Wang Yingchun, Liu Jike, Cai Shengming, et al. Fractional calculus-based modeling of constitutive relations for viscoelastic materials[J/OL]. Acta Scientiarum Naturalium Universitatis Sunyatseni, 2026, 1-11. DOI： 10.11714/acta.snus.ZR20260053.

摘要

基于分数阶黏弹性力学理论和经典元件，建立了可精确表征高聚物蠕变及动态力学行为的本构模型。针对材料流变过程中的损伤演化特性，引入考虑时间效应的损伤变量，构建含损伤分数阶本构关系，有效表征材料在应力松弛、加速蠕变等复杂非线性过程中的力学响应。为验证模型可靠性，基于分数阶 Poynting-Thomson 模型搭建动态力学分析模型，并通过动态力学实验开展对比验证。

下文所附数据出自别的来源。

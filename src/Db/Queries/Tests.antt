-- ===== src/Db/Queries/Tests.antt =====
-- Runs of the queries, and their theorems at concrete tables.
use text.Mathlib.TextEquality.{Char-path}
use Prim.Native.Char.{code}
use npm_sentinel.Base.{
  arith, ◌==◌, ◌&&◌, ◌||◌, ℕ, String, ◌≡◌, refl, ◌↔◌, Bool, true, false, Option, none, some, [],
  ◌∷◌, map, ltb, lower,
}
use npm_sentinel.Db.Models.{
  Db, PackageModel, PackageVersionModel, ScanResultModel, ScanStatus, FindingModel,
}
use npm_sentinel.Db.Table.{some_row, find_row, Unique}
use npm_sentinel.Db.Select.Like.Substring.{Contains}
use npm_sentinel.Db.Select.Joins.{wanted, read}
use npm_sentinel.Db.Select.Listing.{Ranked}
use npm_sentinel.Db.Packages.{get_by_name}
use npm_sentinel.Db.Reads.{Pagination, ScanResultFilters, PackageListFilters}
use npm_sentinel.Db.Queries.{list_scan_results, list_findings}
use npm_sentinel.Db.Queries.Listings.{
  newer, scan_row, package_of, scan_wanted, list_scan_results-Ranked,
}
use npm_sentinel.Db.Queries.Listings.Findings.{
  finding_row, scan_of, finding_wanted, list_findings-Ranked,
}
use npm_sentinel.Db.Queries.Packages.{
  list_packages, get_package_detail, list_package_versions, to_list_item, scanned_after,
}
use npm_sentinel.Db.Queries.Packages.Names.{has_name_like_iff}
use npm_sentinel.Db.Queries.Packages.{has_name_like}
use npm_sentinel.Db.Queries.Windows.{latest_of}
use npm_sentinel.Db.Queries.Packages.Listed.{package_wanted, list_packages-Ranked}
use npm_sentinel.Db.Queries.Packages.Details.{Described, Described-get_package_detail}

abbrev package_row : ℕ → String → Option ℕ → PackageModel
package_row i name scanned = record {
  id = i;
  name = name;
  latest_scanned_version = none;
  last_scanned_at = scanned;
  created_at = 1;
  updated_at = 1;
}

abbrev scan : ℕ → ℕ → ScanStatus → String → ℕ → ScanResultModel
scan i package_id status level started = record {
  id = i;
  package_id = package_id;
  latest_version = none;
  previous_version = none;
  status = status;
  score = none;
  risk_level = level;
  error_message = none;
  started_at = started;
  finished_at = none;
  created_at = 1;
}

abbrev finding : ℕ → ℕ → String → FindingModel
finding i scan_result_id severity = record {
  id = i;
  scan_result_id = scan_result_id;
  created_at = 5;
  finding = record {
    finding_type = "OBFUSCATED_CODE";
    severity = severity;
    category = "c";
    description = "d";
    file_path = none;
    evidence = none;
  };
}

abbrev version : ℕ → ℕ → String → Option ℕ → PackageVersionModel
version i package_id v published = record {
  id = i;
  package_id = package_id;
  version = v;
  created_at = 1;
  metadata = record {
    published_at = published;
    tarball_url = none;
    integrity = none;
    unpacked_size = none;
    file_count = none;
    package_json = [];
    dependencies = [];
    scripts = [];
  };
}

-- Two packages; one has a completed scan and a newer one that waits.
abbrev tables : Db
tables = record {
  packages = package_row 1 "left-pad" none ∷ package_row 2 "lodash" (some 9) ∷ [];
  versions =
      version 1 2 "1.0.0" (some 3) ∷ version 2 2 "2.0.0" none ∷ version 3 2 "1.1.0" (some 4) ∷ [];
  scan_results =
      scan 1 2 ScanStatus.completed "high" 10
      ∷ scan 2 2 ScanStatus.queued "unknown" 12
      ∷ scan 3 1 ScanStatus.completed "low" 12
      ∷ [];
  findings = finding 1 1 "high" ∷ finding 2 1 "low" ∷ finding 3 3 "low" ∷ [];
  queue_jobs = [];
}

abbrev first_page : Pagination
first_page = record { limit = 2; offset = 0 }

abbrev no_filter : ScanResultFilters
no_filter = record { status = none; risk_level = some ""; package_name = some "D" }

-- The order of the texts by their code points.
by_codes : String → String → Bool
by_codes String.[] String.[] = false
by_codes String.[] (String.◌∷◌ d t) = true
by_codes (String.◌∷◌ c s) String.[] = false
by_codes (String.◌∷◌ c s) (String.◌∷◌ d t) =
    ltb (code c) (code d) || code c == code d && by_codes s t

by_codes_asym : (a b : String) → by_codes a b ≡ true → by_codes b a ≡ false
unfolding by_codes
by_codes_asym String.[] String.[] h = refl
by_codes_asym String.[] (String.◌∷◌ d t) h = refl
by_codes_asym (String.◌∷◌ c s) String.[] h = cc
by_codes_asym (String.◌∷◌ c s) (String.◌∷◌ d t) h = ground (arith, by_codes_asym s t)

by_codes_trans : (a b c : String) → by_codes a b ≡ true → by_codes b c ≡ true → by_codes a c ≡ true
unfolding by_codes
by_codes_trans String.[] String.[] z h k = k
by_codes_trans String.[] (String.◌∷◌ d t) String.[] h k = cc
by_codes_trans String.[] (String.◌∷◌ d t) (String.◌∷◌ e u) h k = refl
by_codes_trans (String.◌∷◌ c s) String.[] z h k = cc
by_codes_trans (String.◌∷◌ c s) (String.◌∷◌ d t) String.[] h k = cc
by_codes_trans (String.◌∷◌ c s) (String.◌∷◌ d t) (String.◌∷◌ e u) h k =
    ground (arith, by_codes_trans s t u)

by_codes_separates : (a b : String) → by_codes a b ≡ false → by_codes b a ≡ false → a ≡ b
unfolding by_codes
by_codes_separates String.[] String.[] h k = refl
by_codes_separates String.[] (String.◌∷◌ d t) h k = cc
by_codes_separates (String.◌∷◌ c s) String.[] h k = cc
by_codes_separates (String.◌∷◌ c s) (String.◌∷◌ d t) h k =
    let rest : s ≡ t = by_codes_separates s t (ground arith) (ground arith) in
    let head : c ≡ d = Char-path c d (ground arith) in cc (head, rest)

queries_tests :
    (map (λ r. r.id) (list_scan_results no_filter first_page tables).0 ≡ 3 ∷ 2 ∷ [])
    × ((list_scan_results no_filter first_page tables).1 ≡ 3)
    × (map
          (λ f. f.id)
          (list_findings
            (record { severity = some "low"; finding_type = none; package_name = none })
            first_page
            tables).0
        ≡ 3 ∷ 2 ∷ [])
    × (map
          (λ p. p.latest_scan_risk_level)
          (list_packages by_codes
            (record { risk_level = some "high"; name_query = none })
            first_page
            tables).0
        ≡ some "unknown" ∷ [])
    × (map (λ v. v.version) (list_package_versions "lodash" first_page tables).0
        ≡ "1.1.0" ∷ "1.0.0" ∷ [])
    × (list_package_versions "loda" first_page tables ≡ ([], 0))
unfolding list_scan_results list_findings list_packages list_package_versions by_codes
queries_tests = (refl, refl, refl, refl, refl, refl)

Unique-scans : Unique (λ r. r.id) tables.scan_results
unfolding some_row
Unique-scans = (refl, (refl, (refl, tt)))

list_scan_results-Ranked_example :
    Ranked
      (λ a b. newer a.started_at a.id b.started_at b.id)
      (wanted (package_of tables) (scan_wanted no_filter))
      (read (package_of tables) scan_row)
      2
      0
      tables.scan_results
      (list_scan_results no_filter first_page tables)
unfolding some_row
list_scan_results-Ranked_example =
    list_scan_results-Ranked no_filter first_page tables (refl, (refl, tt)) Unique-scans

list_findings-Ranked_example :
    Ranked
      (λ a b. newer a.created_at a.id b.created_at b.id)
      (wanted (scan_of tables) (
        finding_wanted
          (record { severity = some "low"; finding_type = none; package_name = none })))
      (read (scan_of tables) finding_row)
      2
      0
      tables.findings
      (list_findings
        (record { severity = some "low"; finding_type = none; package_name = none })
        first_page
        tables)
unfolding some_row
list_findings-Ranked_example =
    list_findings-Ranked
      (record { severity = some "low"; finding_type = none; package_name = none }) first_page tables
      (refl, (refl, tt)) Unique-scans (refl, (refl, (refl, tt)))

abbrev high : PackageListFilters
high = record { risk_level = some "high"; name_query = none }

list_packages-Ranked_example :
    Ranked
      (scanned_after by_codes)
      (package_wanted high tables)
      (λ p. some (to_list_item (p, latest_of false tables p.id)))
      2
      0
      tables.packages
      (list_packages by_codes high first_page tables)
unfolding some_row
list_packages-Ranked_example =
    list_packages-Ranked by_codes by_codes_asym by_codes_trans by_codes_separates high first_page
      tables (refl, (refl, tt)) Unique-scans

Described-get_package_detail_example :
    Described tables (some (package_row 2 "lodash" (some 9))) (get_package_detail "lodash" tables)
unfolding some_row get_by_name find_row
Described-get_package_detail_example = Described-get_package_detail tables Unique-scans "lodash"

has_name_like_iff_example :
    (has_name_like
        (record { risk_level = none; name_query = some "DA" })
        (package_row 2 "Lodash" none)
      ≡ true)
    ↔ Contains (lower "Lodash") (lower "DA")
unfolding lower
has_name_like_iff_example =
    has_name_like_iff none "DA" (package_row 2 "Lodash" none)
      (refl, refl, refl, (refl, refl, refl, tt))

结果表明，模型拟合的迟滞环曲线与试验数据吻合度高，证明了分数阶导数在高聚物黏弹性动态力学性能描述中的有效性。

Abstract

Based on the theory of fractional-order viscoelastic mechanics and classical elements， a constitutive model has been established that can accurately characterize the creep and dynamic mechanical behavior of polymers. In response to the damage evolution characteristics during the material rheological process， a damage variable considering time effects is introduced to construct a damage-involved fractional-order constitutive relationship， effectively representing the mechanical response of the material in complex nonlinear processes such as stress relaxation and accelerated creep. To verify the reliability of the model， a dynamic mechanical analysis model was built based on the fractional-order Poynting-Thomson model， and comparative validation was conducted through dynamic mechanical experiments. The results show that the hysteresis loop curves fitted by the model are highly consistent with the experimental data， demonstrating the effectiveness of fractional derivatives in describing the dynamic mechanical properties of polymers.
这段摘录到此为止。